TODAY MARKS THE 3RD DAY OF TRADE IN JANUARY AND THE WORST 3-DAY START TO THE MONTH EVER!  In addition, we have the worst 5-day performance in the SPX since Sept. 2013 with the Index finding support today at the 100-day moving average (recall the charts posted yesterday with moving averages and support areas) which also coincides with the psychological $2000 level on the SPX.

I think I have been clear about what I expect from a market bounce, an oversold bounce, not something that is supported and to that end, today put in the second Hindenburg Omen in a row. The last two clusters sent the market lower so this also fits with our near term and longer term analysis.

As for Leading Indicators, none of them are really screaming near term. The VIX short term futures (VXX) and spot VIX once again underperformed on a relative basis vs the SPX. TLT also underperformed on a relative basis, but I suspect we are seeing a very parabolic looking move in bonds and as such in yields as they sold off hard in to the noon time hour, taking the market along with them as they usually do.
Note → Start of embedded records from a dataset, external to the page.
-- ===== src/Server/Game.antt =====
-- The plugin as the game server and its clients see it: who plays, which clients it has, what their
-- requests do and what they are answered, without sessions, handlers, routing and deadlines.
pub mod Refinement
use mathlib.Core.Option.{some-injective}
use samp_plugin_api.Prelude.{
  Bool-cases, inl, inr, sym, ℕ, suc, ◌≡◌, refl, ap, ap₂, ◌∙◌, Bool, true, false, Option, none, some,
  List, [], ◌∷◌, Text, All, if◌then◌else◌, arith, ◌==◌,
}
use samp_plugin_api.Players.{Entries, to_u32, add_player, remove_player}
use samp_plugin_api.Env.{Env, Request, Verb, post, get, other_verb}
use samp_plugin_api.Route.{ok, Returns, Returns-bind, Returns-both, Returns-map}
use samp_plugin_api.Session
use samp_plugin_api.Session.{Session, Heap, new_response}
use samp_plugin_api.Session.Managed.{has}
use samp_plugin_api.Session.Serving.{
  Gate, Client, gate, client_of, prepared, sent, serve, reply, Leaves, process_request-Leaves,
}
use samp_plugin_api.Server.{
  Server, Completion, accepted, accept_failed, request_read, read_failed, response_written,
  deadline, Event, game_mode_init, game_mode_exit, player_connect, player_disconnect, process_tick,
  passes, on_accepted, on_read, complete, poll, on_event, run,
}
use samp_plugin_api.Server.Invariant.{Inv, HasPeer, EventHasPeer, complete-Inv}
use samp_plugin_api.Server.Kept.{IsKept, complete-Stays, Stays, Next, on_event-Next}

-- The clients of the plugin.
abbrev pub Clients : Type 0
Clients = List (ℕ × Client)

unfoldable pub find_client : ℕ → Clients → Option Client
find_client i [] = none
find_client i ((j, c) ∷ cs) = if j == i then some c else find_client i cs

unfoldable pub change_client : ℕ → (Client → Client) → Clients → Clients
change_client i f [] = []
change_client i f ((j, c) ∷ cs) = if j == i then (j, f c) ∷ cs else (j, c) ∷ change_client i f cs

pub record Game (World : Type 0) : Type 0 where
  pub ready : Bool
  pub players : Entries
  -- The clients that were accepted, by their numbers, and the number of the next one.
  pub clients : Clients
  pub next : ℕ
  pub world : World

abbrev pub clients_of : Heap → Clients
clients_of [] = []
clients_of ((i, s) ∷ heap) = (i, client_of s) ∷ clients_of heap

abbrev pub game : {World : Type 0} → Server World → Game World
game s = record {
  ready = s.ready;
  players = s.players;
  clients = clients_of s.manager.heap;
  next = s.next;
  world = s.world;
}

-- The verbs that the handler answers.
abbrev pub is_answered : Verb → Bool
is_answered post = true
is_answered get = true
is_answered (other_verb _) = false

abbrev pub turned_away : Request → Client → Client
turned_away req c = sent (record c { answer = prepared req c.answer })

abbrev new_client : ℕ → Client
new_client now = record { arrived = now; answer = new_response }

abbrev pub and_then {ℓ} : {A : Type ℓ} → Option A → (A → Option A) → Option A
and_then none f = none
and_then (some a) f = f a

abbrev pub gate_of : {World : Type 0} → Server World → Gate
gate_of s = gate s.config s.handler

module _ {World Float : Type 0} (env : Env World Float) where
  -- A request of a client is served and replied to, if the client was accepted.
  abbrev pub asks : Gate → ℕ → Text → Request → Option Client → Game World → Game World
  asks k i ip req none g = g
  asks k i ip req (some c) g = record g {
    world = serve env k g.players req ip g.world;
    clients = change_client i (reply env k g.players req ip g.world) g.clients;
  }

  -- What completes matters for the game only where a client comes or asks for something.
  unfoldable pub completed : Gate → Completion → Game World → Game World
  completed k accepted g = record g {
    clients = (g.next, new_client (env.now g.world)) ∷ g.clients;
    next = suc g.next;
  }
  completed k (request_read i (some ip) req) g = asks k i ip req (find_client i g.clients) g
  completed k _ g = g

  -- A client that is gone when a request of it is processed breaks the plugin, if the verb of the
  -- request is one that is answered; else it is replied to all the same.
  abbrev asks_gone : ℕ → Request → Option Client → Game World → Option (Game World)
  asks_gone i req none g = some g
  asks_gone i req (some c) g =
      if is_answered req.verb
      then none
      else some (record g { clients = change_client i (turned_away req) g.clients })

  unfoldable pub attempt : Gate → Completion → Game World → Option (Game World)
  attempt k (request_read i none req) g = asks_gone i req (find_client i g.clients) g
  attempt k c g = some (completed k c g)

  unfoldable pub tick : Gate → List Completion → Game World → Option (Game World)
  tick k [] g = some g
  tick k (c ∷ cs) g = and_then (attempt k c g) (tick k cs)

  unfoldable pub happens : Gate → Event World → Game World → Option (Game World)
  happens k game_mode_init g = some (record g { ready = true })
  happens k game_mode_exit g = some (record g { ready = false })
  happens k (player_connect id) g =
      some (record g { players = add_player env.samp (to_u32 id) g.world g.players })
  happens k (player_disconnect id) g =
      some (record g { players = remove_player (to_u32 id) g.players })
  happens k (process_tick cs) g = if g.ready then tick k cs g else some g
  happens k (passes w) g = some (record g { world = w })

  -- What a history makes of the game, or nothing where the plugin breaks.
  unfoldable pub replay : Gate → List (Event World) → Game World → Option (Game World)
  replay k [] g = some g
  replay k (e ∷ es) g = and_then (happens k e g) (replay k es)

  pub clients_of-update :
      (i : ℕ) (f : Session → Session) (h : Client → Client) (heap : Heap)
      → ((x : Session) → Session.find i heap ≡ some x → client_of (f x) ≡ h (client_of x))
      → clients_of (Session.update i f heap) ≡ change_client i h (clients_of heap)
  unfolding Session.update Session.find change_client
  clients_of-update i f h [] e = refl
  clients_of-update i f h ((j, s) ∷ heap) e = elim (Bool-cases (j == i)) [
    | inl q ↦ rw q (ap (λ c. (j, c) ∷ clients_of heap) (e s (rw q refl)))
    | inr q ↦ rw q (ap ((j, client_of s) ∷◌) (clients_of-update i f h heap (λ x k. e x (rw q k))))
  ]

  change_client_id : (i : ℕ) (cs : Clients) → change_client i (λ c. c) cs ≡ cs
  unfolding change_client
  change_client_id i [] = refl
  change_client_id i ((j, c) ∷ cs) = ground (arith, change_client_id i cs)

  pub find-clients_of :
      (i : ℕ) (heap : Heap)
      → find_client i (clients_of heap)
        ≡ elim (Session.find i heap) [ none ↦ none | some s ↦ some (client_of s) ]
  unfolding find_client Session.find
  find-clients_of i [] = refl
  find-clients_of i ((j, s) ∷ heap) = ground (arith, find-clients_of i heap)

  on_accepted-completed :
      (k : Gate) (s : Server World) → game (on_accepted env s) ≡ completed k accepted (game s)
  unfolding on_accepted completed Session.manager_start Session.start
  on_accepted-completed k s =
      ap (λ c. record (game s) { clients = c; next = suc s.next })
        (clients_of-update s.next Session.start (λ c. c) _ (λ x e. refl)
          ∙ change_client_id s.next _)

  change-game :
      (i : ℕ) (f : Session → Session) (s : Server World)
      → ((x : Session) → client_of (f x) ≡ client_of x)
      → game (record s { manager = record s.manager { heap = Session.update i f s.manager.heap } })
        ≡ game s
  change-game i f s e =
      ap (λ c. record (game s) { clients = c })
        (clients_of-update i f (λ c. c) s.manager.heap (λ x q. e x)
          ∙ change_client_id i (clients_of s.manager.heap))

  on_read-completed :
      (i : ℕ) (ip : Text) (req : Request) (s : Server World) (o : Option Session)
      → Inv env s
      → Session.find i s.manager.heap ≡ o
      → Returns
          (λ t. game t ≡ completed (gate_of s) (request_read i (some ip) req) (game s))
          (on_read env i (some ip) req o s)
  unfolding on_read completed
  on_read-completed i ip req s none v e = rw (find-clients_of i s.manager.heap, e) refl
  on_read-completed i ip req s (some x) v e =
      let k = gate_of s in
      rw (find-clients_of i s.manager.heap, e)
        (Returns-bind
          (Leaves env (serve env k s.players req ip s.world)
            (reply env k s.players req ip s.world (client_of x)))
          _ _ _
          (process_request-Leaves env s.handler s.config s.players s.world req ip x v.registered)
          (λ out (q, r).
            ap₂ (λ w c. record (game s) { world = w; clients = c }) q
              (clients_of-update i (λ _. out.2) (reply env k s.players req ip s.world)
                s.manager.heap
                (λ y f.
                  r
                  ∙ ap (λ z. reply env k s.players req ip s.world (client_of z))
                      (some-injective _ _ (sym e ∙ f))))))

  client_of-on_deadline :
      (aborted : Bool) (x : Session) → client_of (Session.on_deadline aborted x) ≡ client_of x
  unfolding Session.on_deadline
  client_of-on_deadline true x = refl
  client_of-on_deadline false x = refl

  pub complete-completed :
      (c : Completion) (s : Server World)
      → HasPeer c
      → Inv env s
      → Returns (λ t. game t ≡ completed (gate_of s) c (game s)) (complete env c s)
  unfolding complete completed Session.on_read_failed Session.on_written
  complete-completed accepted s k v = on_accepted-completed (gate_of s) s
  complete-completed accept_failed s k v = refl
  complete-completed (request_read i none req) s k v = absurd k
  complete-completed (request_read i (some ip) req) s k v =
      on_read-completed i ip req s (Session.find i s.manager.heap) v refl
  complete-completed (read_failed i) s k v = change-game i Session.on_read_failed s (λ x. refl)
  complete-completed (response_written i error) s k v =
      change-game i (Session.on_written error) s (λ x. refl)
  complete-completed (deadline i aborted) s k v =
      change-game i (Session.on_deadline aborted) s (client_of-on_deadline aborted)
This could be a short term capitulation or exhaustion event which allow yields to give the market a little room for a near term bounce.

Take a look at the Treasury bond futures in 5, 10 and 30 years...
 This is the 5 year Treasury bond futures on a 5 min chart, in fact all are 5 min charts and all are negatively divergent with 3C.

10 year T-Bond Futures.

30 year.

Interestingly, the SPX caught down to the near term 5 year yields today, but not to the 30 year yields which are well below the lows of the 16th and have retraced all F_O_M_C gains, this I believe points to what comes after the bounce attempt we are expecting, the averages continue to feel the pull of the 30 year yields lower.

Remembering this is a 5 min chart and this is the minimum divergence that must be in effect for me to take even a short term trade, the negative divergences above confirm nearly perfectly the Index futures 5 min positive divergences.
 NQ/NASDAQ 100 futures 5 min positive like ES and TF (SPX and RUT futures). These are also confirmed by the 5 min VIX Futures (not VXX, but actual futures)...

VIX 5 min negative divergence.

However, this is part of the reason I'm expecting a short lived move on any bounce. At the 7 min Index futures charts they look like this...
 ES 7 min (SPX futures) are in line or confirming the downside, not positive and any move up in ES from here will create a leading negative 3D divergence.

Confirming this short term roof on a bounce, take a look at the same 7 min chart in VIX futures...
It too is in near perfect confirmation, thus any move down in VIX futures should leave a leading positive divergence in 3C, again confirming the shorter term nature of our expected bounce and what happens next.

These are confirmed in the major market averages as well.

The most often used ramping lever for the market is HYG, HY Corp. Credit and as such, we have positive divergences in the 1-3 min charts, short term...
 HYG short term 2 min positive to ramp the market and a bounce, but it doesn't move much beyond.

The 5 min HYG/3C chart is in line/ downtrend confirmation, thus another roof on our bounce.


as for other credit (HY) assets I've looked at, I've noticed most were positive on December 31st and January 2nd, after that at the 5th and 6th they gave up the positive divergence and fell back to in line. In fact our Professional sentiment indicators did the exact same thing.

 Only PIMCO's HY Fund is leading.
PHK vs SPX indicative of a near term bounce, but the lack of HY credit confirmation again puts a roof on a bounce.

HY Junk credit is perfectly in line with the SPX's downside with no divergence at all.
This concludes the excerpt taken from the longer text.